Dataset content:
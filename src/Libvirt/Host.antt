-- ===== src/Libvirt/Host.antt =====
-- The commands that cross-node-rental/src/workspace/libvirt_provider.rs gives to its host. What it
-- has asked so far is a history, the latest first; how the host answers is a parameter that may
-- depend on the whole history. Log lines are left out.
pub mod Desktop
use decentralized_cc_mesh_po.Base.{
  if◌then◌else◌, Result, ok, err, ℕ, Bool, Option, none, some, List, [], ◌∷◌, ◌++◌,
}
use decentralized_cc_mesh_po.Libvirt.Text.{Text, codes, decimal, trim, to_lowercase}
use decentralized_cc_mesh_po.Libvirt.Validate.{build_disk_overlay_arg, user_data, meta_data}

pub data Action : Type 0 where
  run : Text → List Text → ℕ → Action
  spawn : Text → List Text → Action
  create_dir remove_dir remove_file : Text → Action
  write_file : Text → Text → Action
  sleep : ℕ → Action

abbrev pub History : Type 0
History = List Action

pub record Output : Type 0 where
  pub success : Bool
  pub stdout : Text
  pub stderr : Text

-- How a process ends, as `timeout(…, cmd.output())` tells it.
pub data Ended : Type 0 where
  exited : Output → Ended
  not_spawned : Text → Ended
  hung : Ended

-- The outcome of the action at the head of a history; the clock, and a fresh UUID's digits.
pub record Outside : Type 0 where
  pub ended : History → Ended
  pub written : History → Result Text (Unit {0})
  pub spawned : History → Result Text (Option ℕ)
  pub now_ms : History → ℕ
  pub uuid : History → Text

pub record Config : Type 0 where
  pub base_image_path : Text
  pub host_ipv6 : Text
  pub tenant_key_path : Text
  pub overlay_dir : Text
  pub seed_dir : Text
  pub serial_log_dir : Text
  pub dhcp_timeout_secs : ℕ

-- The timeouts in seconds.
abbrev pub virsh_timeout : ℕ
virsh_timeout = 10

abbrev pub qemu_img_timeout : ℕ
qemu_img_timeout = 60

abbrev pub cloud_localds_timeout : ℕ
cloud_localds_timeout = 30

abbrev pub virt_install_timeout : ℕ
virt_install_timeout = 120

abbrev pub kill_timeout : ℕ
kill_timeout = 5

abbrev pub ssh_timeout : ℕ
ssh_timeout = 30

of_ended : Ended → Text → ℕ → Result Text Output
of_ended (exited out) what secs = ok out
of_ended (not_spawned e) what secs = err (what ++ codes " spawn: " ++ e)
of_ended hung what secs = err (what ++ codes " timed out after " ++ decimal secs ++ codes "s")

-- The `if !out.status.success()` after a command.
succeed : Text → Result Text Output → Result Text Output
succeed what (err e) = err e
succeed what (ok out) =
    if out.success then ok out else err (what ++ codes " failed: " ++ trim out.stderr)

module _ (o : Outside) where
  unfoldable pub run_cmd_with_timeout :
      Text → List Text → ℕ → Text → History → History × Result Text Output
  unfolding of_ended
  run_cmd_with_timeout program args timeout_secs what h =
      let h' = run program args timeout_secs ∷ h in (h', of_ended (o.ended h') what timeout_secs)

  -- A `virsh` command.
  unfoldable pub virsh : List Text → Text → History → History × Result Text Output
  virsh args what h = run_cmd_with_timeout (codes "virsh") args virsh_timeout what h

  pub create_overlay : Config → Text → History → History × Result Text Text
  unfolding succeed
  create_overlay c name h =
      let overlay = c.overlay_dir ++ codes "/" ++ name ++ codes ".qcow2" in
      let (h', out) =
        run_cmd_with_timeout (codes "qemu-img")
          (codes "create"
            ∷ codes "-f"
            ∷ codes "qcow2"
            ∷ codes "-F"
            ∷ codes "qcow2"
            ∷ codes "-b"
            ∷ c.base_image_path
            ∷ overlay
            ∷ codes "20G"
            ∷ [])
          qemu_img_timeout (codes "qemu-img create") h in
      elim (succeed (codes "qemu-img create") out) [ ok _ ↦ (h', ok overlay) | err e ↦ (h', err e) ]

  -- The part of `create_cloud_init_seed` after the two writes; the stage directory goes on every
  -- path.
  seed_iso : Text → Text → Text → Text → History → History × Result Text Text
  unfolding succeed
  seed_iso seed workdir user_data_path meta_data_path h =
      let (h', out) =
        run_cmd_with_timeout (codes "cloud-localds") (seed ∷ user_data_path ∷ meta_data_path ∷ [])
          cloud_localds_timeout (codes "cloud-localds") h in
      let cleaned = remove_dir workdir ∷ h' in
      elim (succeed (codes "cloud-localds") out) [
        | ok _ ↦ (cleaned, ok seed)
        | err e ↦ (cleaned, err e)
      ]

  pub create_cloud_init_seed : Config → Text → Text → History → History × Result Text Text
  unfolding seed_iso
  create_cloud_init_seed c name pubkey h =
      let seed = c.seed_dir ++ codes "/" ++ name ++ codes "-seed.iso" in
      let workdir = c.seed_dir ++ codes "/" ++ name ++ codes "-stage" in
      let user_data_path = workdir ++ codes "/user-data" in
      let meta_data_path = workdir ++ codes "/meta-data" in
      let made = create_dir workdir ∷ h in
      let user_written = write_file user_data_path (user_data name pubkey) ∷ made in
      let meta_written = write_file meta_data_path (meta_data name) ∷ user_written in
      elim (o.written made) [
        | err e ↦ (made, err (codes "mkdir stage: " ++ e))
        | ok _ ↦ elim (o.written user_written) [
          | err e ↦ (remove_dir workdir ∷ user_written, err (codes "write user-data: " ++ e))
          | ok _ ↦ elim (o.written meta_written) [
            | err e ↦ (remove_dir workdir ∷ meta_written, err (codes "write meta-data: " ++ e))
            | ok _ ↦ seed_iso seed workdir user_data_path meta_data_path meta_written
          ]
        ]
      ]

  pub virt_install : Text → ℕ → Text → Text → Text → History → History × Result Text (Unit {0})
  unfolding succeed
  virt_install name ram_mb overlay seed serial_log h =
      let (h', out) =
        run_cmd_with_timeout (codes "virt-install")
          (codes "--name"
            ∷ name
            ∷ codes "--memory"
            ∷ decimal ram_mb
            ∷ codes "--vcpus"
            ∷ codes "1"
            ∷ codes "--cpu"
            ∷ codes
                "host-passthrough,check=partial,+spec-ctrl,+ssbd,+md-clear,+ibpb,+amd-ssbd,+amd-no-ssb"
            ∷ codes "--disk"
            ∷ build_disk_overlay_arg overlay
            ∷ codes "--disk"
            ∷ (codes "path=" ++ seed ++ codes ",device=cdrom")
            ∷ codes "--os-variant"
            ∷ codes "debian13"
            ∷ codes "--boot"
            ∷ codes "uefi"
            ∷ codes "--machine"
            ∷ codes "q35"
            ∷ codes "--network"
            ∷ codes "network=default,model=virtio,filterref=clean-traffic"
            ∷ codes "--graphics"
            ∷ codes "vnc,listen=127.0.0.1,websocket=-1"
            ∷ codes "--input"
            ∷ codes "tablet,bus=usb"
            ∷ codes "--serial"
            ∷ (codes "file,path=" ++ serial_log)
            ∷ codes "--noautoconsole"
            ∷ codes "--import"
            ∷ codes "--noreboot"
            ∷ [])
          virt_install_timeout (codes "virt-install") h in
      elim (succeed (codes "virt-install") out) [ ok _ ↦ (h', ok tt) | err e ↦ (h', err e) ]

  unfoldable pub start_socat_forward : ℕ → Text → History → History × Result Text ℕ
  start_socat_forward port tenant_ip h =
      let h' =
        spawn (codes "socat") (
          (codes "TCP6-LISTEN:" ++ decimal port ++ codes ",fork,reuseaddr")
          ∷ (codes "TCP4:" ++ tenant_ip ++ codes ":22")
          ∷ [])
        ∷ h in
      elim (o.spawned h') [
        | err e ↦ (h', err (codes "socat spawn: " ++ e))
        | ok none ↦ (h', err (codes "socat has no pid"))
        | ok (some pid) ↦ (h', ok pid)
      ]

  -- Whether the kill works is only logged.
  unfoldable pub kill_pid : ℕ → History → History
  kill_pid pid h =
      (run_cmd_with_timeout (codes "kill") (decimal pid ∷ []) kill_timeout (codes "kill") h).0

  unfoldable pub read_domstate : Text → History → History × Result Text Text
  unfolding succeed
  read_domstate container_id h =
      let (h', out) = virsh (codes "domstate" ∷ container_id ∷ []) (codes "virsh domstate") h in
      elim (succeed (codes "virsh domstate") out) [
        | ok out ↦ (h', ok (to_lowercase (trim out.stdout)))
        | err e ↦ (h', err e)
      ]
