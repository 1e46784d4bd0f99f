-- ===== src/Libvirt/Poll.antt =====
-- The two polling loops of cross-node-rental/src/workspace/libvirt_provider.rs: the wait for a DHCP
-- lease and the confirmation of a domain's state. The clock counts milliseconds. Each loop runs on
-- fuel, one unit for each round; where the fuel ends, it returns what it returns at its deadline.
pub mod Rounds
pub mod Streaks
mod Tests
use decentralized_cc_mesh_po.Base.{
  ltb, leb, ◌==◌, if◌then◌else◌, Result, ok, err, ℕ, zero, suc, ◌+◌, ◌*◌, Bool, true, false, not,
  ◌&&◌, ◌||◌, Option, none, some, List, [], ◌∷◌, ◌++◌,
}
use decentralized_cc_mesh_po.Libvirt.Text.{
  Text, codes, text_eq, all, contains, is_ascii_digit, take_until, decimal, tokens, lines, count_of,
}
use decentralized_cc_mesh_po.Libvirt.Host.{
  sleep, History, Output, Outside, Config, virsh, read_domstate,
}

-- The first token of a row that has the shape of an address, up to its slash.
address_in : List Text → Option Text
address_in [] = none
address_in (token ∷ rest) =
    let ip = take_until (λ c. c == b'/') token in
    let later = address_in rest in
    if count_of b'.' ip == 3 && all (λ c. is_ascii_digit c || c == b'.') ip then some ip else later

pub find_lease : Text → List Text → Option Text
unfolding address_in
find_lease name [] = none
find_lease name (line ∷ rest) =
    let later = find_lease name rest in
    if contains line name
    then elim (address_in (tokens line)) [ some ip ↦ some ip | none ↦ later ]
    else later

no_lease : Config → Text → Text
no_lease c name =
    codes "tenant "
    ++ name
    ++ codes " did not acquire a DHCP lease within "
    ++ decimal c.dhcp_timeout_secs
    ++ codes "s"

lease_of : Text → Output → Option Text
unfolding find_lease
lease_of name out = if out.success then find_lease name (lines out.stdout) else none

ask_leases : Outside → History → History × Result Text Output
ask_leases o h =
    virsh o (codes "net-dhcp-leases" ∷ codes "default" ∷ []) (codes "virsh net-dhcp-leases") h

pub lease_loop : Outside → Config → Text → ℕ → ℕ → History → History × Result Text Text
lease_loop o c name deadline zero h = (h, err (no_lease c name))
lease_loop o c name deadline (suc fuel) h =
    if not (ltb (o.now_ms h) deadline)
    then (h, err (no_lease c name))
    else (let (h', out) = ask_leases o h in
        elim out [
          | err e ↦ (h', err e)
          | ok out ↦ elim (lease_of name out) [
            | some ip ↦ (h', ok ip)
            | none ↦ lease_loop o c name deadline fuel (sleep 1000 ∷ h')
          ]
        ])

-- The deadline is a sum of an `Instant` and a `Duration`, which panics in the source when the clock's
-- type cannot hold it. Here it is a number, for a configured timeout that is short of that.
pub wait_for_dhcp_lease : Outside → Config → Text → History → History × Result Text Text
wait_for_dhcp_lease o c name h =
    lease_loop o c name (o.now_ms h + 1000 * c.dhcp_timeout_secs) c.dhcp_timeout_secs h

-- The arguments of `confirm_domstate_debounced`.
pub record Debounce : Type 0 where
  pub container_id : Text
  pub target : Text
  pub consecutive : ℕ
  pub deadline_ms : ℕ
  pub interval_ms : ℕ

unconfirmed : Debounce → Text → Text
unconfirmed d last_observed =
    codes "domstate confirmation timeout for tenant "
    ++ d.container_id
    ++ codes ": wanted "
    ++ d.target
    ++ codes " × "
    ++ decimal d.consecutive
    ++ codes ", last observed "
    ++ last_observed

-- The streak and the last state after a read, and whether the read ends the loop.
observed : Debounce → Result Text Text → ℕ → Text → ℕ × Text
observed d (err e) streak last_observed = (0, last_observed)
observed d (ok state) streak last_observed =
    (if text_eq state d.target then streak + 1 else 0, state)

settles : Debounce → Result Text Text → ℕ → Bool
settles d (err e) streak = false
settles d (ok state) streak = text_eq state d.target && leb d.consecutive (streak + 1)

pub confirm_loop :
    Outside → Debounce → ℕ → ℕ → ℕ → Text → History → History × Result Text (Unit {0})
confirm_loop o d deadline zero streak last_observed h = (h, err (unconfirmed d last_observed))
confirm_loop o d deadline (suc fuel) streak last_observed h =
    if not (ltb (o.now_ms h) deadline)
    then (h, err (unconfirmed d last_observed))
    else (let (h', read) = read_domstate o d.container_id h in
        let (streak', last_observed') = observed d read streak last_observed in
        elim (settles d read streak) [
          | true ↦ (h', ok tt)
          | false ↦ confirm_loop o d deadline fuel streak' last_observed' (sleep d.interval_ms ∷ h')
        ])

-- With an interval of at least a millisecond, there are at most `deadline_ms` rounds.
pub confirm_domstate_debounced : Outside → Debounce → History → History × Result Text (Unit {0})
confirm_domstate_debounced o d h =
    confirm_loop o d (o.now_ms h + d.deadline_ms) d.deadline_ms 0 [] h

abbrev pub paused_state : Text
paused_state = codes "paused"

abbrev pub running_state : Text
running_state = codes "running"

Required work: In your answer, include only the lines above starting at the line that holds "-- fuel, one" and ending at the line that holds "unfolding address_in", copied exactly.

Result:
-- fuel, one unit for each round; where the fuel ends, it returns what it returns at its deadline.
pub mod Rounds
pub mod Streaks
mod Tests
use decentralized_cc_mesh_po.Base.{
  ltb, leb, ◌==◌, if◌then◌else◌, Result, ok, err, ℕ, zero, suc, ◌+◌, ◌*◌, Bool, true, false, not,
  ◌&&◌, ◌||◌, Option, none, some, List, [], ◌∷◌, ◌++◌,
}
use decentralized_cc_mesh_po.Libvirt.Text.{
  Text, codes, text_eq, all, contains, is_ascii_digit, take_until, decimal, tokens, lines, count_of,
}
use decentralized_cc_mesh_po.Libvirt.Host.{
  sleep, History, Output, Outside, Config, virsh, read_domstate,
}

-- The first token of a row that has the shape of an address, up to its slash.
address_in : List Text → Option Text
address_in [] = none
address_in (token ∷ rest) =
    let ip = take_until (λ c. c == b'/') token in
    let later = address_in rest in
    if count_of b'.' ip == 3 && all (λ c. is_ascii_digit c || c == b'.') ip then some ip else later

pub find_lease : Text → List Text → Option Text
unfolding address_in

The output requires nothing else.